Locate every line below that contains the word "CreateReminderRequest" and copy it.
*** Records to use
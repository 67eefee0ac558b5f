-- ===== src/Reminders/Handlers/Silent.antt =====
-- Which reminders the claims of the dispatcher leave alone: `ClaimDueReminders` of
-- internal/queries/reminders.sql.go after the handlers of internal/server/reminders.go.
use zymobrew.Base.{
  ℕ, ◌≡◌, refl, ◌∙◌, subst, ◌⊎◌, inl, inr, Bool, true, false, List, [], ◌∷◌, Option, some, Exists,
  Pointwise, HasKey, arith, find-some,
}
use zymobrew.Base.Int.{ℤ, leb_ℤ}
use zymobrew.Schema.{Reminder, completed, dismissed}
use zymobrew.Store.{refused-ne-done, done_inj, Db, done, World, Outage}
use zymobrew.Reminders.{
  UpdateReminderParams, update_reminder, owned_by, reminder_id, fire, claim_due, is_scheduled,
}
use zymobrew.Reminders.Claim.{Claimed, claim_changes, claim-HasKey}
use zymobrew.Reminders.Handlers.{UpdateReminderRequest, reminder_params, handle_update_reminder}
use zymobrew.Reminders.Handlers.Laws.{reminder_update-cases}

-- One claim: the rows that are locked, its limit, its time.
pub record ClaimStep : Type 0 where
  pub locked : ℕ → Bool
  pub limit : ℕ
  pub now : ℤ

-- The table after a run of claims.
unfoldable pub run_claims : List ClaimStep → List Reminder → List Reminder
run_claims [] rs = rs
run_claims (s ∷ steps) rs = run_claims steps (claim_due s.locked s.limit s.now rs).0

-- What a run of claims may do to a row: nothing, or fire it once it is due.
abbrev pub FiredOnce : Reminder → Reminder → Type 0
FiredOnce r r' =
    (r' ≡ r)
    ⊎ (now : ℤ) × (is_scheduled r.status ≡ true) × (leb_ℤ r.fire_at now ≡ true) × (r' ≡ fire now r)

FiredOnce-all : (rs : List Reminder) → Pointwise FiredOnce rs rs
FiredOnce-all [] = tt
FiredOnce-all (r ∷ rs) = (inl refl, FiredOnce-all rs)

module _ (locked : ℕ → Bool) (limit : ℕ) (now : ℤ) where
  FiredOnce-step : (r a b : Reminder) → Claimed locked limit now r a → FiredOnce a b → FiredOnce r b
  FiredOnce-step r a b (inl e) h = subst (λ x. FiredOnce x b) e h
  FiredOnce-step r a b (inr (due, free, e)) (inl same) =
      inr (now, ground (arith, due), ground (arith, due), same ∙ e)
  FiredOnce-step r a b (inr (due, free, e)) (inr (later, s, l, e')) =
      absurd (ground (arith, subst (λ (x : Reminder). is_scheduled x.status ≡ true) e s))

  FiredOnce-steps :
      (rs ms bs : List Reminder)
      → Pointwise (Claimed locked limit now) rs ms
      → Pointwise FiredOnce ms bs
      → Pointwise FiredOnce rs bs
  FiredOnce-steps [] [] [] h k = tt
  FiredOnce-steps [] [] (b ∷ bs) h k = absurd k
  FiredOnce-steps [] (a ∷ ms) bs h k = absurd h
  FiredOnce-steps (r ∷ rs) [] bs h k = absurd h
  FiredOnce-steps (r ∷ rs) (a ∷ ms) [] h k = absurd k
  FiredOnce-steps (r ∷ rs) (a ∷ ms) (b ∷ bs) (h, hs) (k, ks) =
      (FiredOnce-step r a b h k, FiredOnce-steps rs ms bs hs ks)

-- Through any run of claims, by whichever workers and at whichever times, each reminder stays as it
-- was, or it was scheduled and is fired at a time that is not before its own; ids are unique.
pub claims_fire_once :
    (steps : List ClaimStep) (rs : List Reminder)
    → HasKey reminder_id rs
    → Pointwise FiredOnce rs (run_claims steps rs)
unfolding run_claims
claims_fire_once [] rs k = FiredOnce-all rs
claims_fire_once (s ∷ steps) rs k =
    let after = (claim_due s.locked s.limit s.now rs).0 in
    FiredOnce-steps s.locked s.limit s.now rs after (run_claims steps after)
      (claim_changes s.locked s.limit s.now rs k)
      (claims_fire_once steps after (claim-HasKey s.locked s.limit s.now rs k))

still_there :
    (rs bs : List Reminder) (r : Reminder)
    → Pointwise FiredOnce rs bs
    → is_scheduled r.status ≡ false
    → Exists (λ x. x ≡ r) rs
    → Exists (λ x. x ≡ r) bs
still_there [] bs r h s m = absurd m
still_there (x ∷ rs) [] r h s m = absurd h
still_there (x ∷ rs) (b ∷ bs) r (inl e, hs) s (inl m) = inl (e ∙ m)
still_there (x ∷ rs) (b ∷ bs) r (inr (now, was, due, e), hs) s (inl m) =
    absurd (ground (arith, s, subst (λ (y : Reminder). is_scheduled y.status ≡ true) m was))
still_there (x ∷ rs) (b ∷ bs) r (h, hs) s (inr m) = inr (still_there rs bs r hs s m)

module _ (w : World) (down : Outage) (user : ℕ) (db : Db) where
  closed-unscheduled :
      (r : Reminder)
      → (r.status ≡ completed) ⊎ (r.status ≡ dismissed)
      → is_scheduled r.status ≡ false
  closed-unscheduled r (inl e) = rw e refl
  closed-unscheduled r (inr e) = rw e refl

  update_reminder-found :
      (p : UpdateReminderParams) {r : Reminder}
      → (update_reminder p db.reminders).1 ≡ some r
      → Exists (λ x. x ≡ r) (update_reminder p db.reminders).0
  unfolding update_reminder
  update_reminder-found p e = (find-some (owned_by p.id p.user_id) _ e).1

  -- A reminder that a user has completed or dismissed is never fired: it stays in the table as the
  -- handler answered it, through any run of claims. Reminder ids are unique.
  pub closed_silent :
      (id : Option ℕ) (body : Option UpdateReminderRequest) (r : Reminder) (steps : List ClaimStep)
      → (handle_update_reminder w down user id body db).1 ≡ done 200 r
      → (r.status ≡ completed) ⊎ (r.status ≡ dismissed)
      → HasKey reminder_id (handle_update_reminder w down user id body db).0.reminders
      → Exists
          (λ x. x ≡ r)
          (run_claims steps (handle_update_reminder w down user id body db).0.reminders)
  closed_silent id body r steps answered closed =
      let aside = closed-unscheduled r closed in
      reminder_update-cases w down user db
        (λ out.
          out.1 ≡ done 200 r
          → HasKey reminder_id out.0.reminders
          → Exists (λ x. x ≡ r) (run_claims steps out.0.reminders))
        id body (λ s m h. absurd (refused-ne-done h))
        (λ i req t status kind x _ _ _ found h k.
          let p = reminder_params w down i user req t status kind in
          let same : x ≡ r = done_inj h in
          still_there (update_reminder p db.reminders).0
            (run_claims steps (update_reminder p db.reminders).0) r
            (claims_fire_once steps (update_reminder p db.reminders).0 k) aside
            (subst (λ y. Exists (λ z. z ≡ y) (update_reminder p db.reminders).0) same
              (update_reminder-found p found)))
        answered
******
*** Records to use
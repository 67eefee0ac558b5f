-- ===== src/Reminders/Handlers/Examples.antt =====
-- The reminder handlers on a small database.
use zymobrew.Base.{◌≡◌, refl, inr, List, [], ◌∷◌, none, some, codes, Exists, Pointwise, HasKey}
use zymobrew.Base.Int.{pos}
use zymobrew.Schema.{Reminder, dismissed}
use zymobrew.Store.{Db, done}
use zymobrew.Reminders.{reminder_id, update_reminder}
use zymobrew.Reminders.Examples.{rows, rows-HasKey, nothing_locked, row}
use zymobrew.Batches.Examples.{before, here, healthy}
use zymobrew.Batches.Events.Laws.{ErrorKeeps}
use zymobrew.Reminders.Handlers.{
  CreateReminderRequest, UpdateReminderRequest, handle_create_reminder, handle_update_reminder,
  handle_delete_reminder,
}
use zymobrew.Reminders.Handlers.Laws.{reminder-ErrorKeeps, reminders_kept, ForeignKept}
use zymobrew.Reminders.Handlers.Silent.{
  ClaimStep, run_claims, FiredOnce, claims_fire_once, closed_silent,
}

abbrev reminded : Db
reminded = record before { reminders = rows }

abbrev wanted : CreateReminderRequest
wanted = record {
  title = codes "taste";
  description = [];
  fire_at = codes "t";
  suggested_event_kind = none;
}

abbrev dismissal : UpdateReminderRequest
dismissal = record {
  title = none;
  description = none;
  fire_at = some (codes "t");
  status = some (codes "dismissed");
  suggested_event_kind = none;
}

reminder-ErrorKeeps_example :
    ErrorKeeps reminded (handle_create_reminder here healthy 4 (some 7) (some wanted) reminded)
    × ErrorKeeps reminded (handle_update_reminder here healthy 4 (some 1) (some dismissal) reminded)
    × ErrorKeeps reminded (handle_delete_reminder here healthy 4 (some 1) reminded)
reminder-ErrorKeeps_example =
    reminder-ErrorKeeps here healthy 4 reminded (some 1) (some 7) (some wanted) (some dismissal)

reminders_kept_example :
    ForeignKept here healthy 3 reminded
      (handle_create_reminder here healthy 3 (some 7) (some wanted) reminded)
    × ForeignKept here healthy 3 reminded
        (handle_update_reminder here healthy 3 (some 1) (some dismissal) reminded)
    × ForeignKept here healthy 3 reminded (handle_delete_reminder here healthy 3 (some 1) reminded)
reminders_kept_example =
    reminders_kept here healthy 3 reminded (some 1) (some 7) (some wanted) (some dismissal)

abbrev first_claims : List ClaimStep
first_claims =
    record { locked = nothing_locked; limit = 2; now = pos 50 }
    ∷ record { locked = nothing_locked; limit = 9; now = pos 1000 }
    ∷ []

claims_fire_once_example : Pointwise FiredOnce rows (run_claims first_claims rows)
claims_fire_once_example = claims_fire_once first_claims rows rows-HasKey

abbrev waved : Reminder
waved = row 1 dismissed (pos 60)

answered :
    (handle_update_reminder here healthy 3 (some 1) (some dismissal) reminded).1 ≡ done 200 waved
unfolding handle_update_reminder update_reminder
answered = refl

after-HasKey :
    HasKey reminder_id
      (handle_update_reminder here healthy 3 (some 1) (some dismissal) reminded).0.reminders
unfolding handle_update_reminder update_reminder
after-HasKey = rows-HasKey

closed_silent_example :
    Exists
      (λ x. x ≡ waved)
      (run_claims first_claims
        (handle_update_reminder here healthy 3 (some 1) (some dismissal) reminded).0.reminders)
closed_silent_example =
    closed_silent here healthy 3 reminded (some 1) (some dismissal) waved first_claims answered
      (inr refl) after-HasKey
******
* [Answer for the task]
  CreateReminderRequest, UpdateReminderRequest, handle_create_reminder, handle_update_reminder,
abbrev wanted : CreateReminderRequest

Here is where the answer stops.